> We note that a list of assumptions, taken together, imply a conclusion
> at odds with observation. We do not take sides regarding which assumption
> exactly is at fault.
I'm surprised you say that; your paper seems to come down pretty hard
against the assumption that people seek the truth, in the title and
in most of the last part.
> >One thing which is unclear in the paper is how you should react if you
> >become convinced that both you and the other party are both rational
> >and fully informed about these results. ... As a
> >practical matter, what means do you apply to resolve your disagreement?
> If you sure you were both so rational and informed, you would be
> absolutely sure that any apparent disagreement was not actually one -
> it was just a random fluctuation that looked like disagreement.

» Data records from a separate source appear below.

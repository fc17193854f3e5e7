-- ===== src/ThreadPool/Pending.antt =====
-- What `pending` counts.
use edgy.Prelude.{
  if◌then◌else◌, ◌==◌, refl, ℕ, zero, suc, ◌+◌, ◌%◌, ◌≡◌, Bool, true, false, if_keeps, List, [],
  ◌∷◌, length, length-append, arith,
}
use edgy.ThreadPool.{
  waiting_workers, thread_pool, Worker, waiting, running, returned, Jobs, ThreadPool, word,
  take_job, next, work, submit, request_stop,
}
use edgy.ThreadPool.Order.{Event, submitted, worked, stopped, submit_or_throw, step, run}

module _ {J : Type 0} where
  -- The workers that are in a job.
  unfoldable pub busy : List (Worker J) → ℕ
  busy [] = 0
  busy (waiting ∷ ws) = busy ws
  busy (running job ∷ ws) = suc (busy ws)
  busy (returned ∷ ws) = busy ws

  -- `pending` is right where `others` jobs run beside those of `ws`.
  abbrev Counts : ℕ → List (Worker J) × Jobs J → Type 0
  Counts others r = r.1.pending ≡ (length r.1.jobs + busy r.0 + others) % word

  work-Counts :
      (i : ℕ) (ws : List (Worker J)) (s : Jobs J) (others : ℕ)
      → Counts others (ws, s)
      → Counts others (work i ws s)
  unfolding work next take_job busy
  work-Counts i [] s others h = h
  work-Counts zero (waiting ∷ ws) s others h = from_jobs s.jobs h
    where
      from_jobs :
          (jobs : List J)
          → s.pending ≡ (length jobs + busy ws + others) % word
          → Counts others (work zero (waiting ∷ ws) (record s { jobs = jobs }))
      from_jobs [] g =
          if_keeps (λ (r : Worker J × Jobs J). Counts others (r.0 ∷ ws, r.1)) s.stop (λ _. g)
            (λ _. g)
      from_jobs (job ∷ jobs) g = omega (arith, g)
  work-Counts zero (running job ∷ ws) s others h = omega (arith, h)
  work-Counts zero (returned ∷ ws) s others h = h
  work-Counts (suc i) (waiting ∷ ws) s others h = work-Counts i ws s others h
  work-Counts (suc i) (returned ∷ ws) s others h = work-Counts i ws s others h
  work-Counts (suc i) (running job ∷ ws) s others h =
      let g = work-Counts i ws s (suc others) (omega (arith, h)) in omega (arith, g)

  step-Counts :
      (p : ThreadPool J) (e : Event J)
      → Counts 0 (p.workers, p.shared)
      → Counts 0 ((step p e).workers, (step p e).shared)
  unfolding step submit_or_throw submit request_stop
  step-Counts p (submitted job) h = by_stop p.shared.stop
    where
      by_stop :
          (b : Bool) → Counts 0 (p.workers, submit_or_throw job (record p.shared { stop = b }))
      by_stop true = h
      by_stop false = omega (arith, h, length-append p.shared.jobs (job ∷ []))
  step-Counts p (worked i) h = work-Counts i p.workers p.shared 0 h
  step-Counts p stopped h = h

  run-Counts :
      (p : ThreadPool J) (es : List (Event J))
      → Counts 0 (p.workers, p.shared)
      → Counts 0 ((run p es).workers, (run p es).shared)
  unfolding run
  run-Counts p [] h = h
  run-Counts p (e ∷ es) h = run-Counts (step p e) es (step-Counts p e h)

module _ (J : Type 0) where
  busy-waiting_workers : (n : ℕ) → busy (waiting_workers {J = J} n) ≡ 0
  unfolding busy waiting_workers
  busy-waiting_workers zero = refl
  busy-waiting_workers (suc n) = busy-waiting_workers n

  new-Counts : (n : ℕ) → Counts {J = J} 0 ((thread_pool n).workers, (thread_pool n).shared)
  unfolding thread_pool
  new-Counts n = omega (arith, busy-waiting_workers (if n == 0 then 1 else n))

module _ {J : Type 0} where
  -- Whatever happens to a new pool, `pending` is the number of the jobs that wait and of those that
  -- run, as a machine word.
  pub run-pending :
      (n : ℕ) (es : List (Event J))
      → (run (thread_pool n) es).shared.pending
        ≡ (length (run (thread_pool n) es).shared.jobs + busy (run (thread_pool n) es).workers)
          % word
  run-pending n es = omega (arith, run-Counts (thread_pool n) es (new-Counts J n))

I've been reading some of the papers in your references, and the way
I see it now is that there is a process which must occur in order for
everyone to be mutually informed about each other's beliefs. If the
parties state their beliefs for the first tiem and they don't match,
that is fully compatible with the theorem. It just means that they have
However they are not yet fully mutually informed after this exchange,
because one or both of them may have or will have updated their internal
models based on this information. The paper "We Can't Disagree Forever"
describes contrived scenarios where the two parties can just shout
their differing beliefs at each other N times, then suddenly at time
N+1 they both agree. This is fully rational because each exchange
actually updates the internal model of what the other person knows,
and the models are gradually converging even though the stated opinions
don't change until the end.
When I was asking about disagreement above, I was talking about the
initial stage in this process, when you first discover that you have
different posterior beliefs. What is the best approach to resolve
the dispute? The methods I have seen so far (as in the paper above)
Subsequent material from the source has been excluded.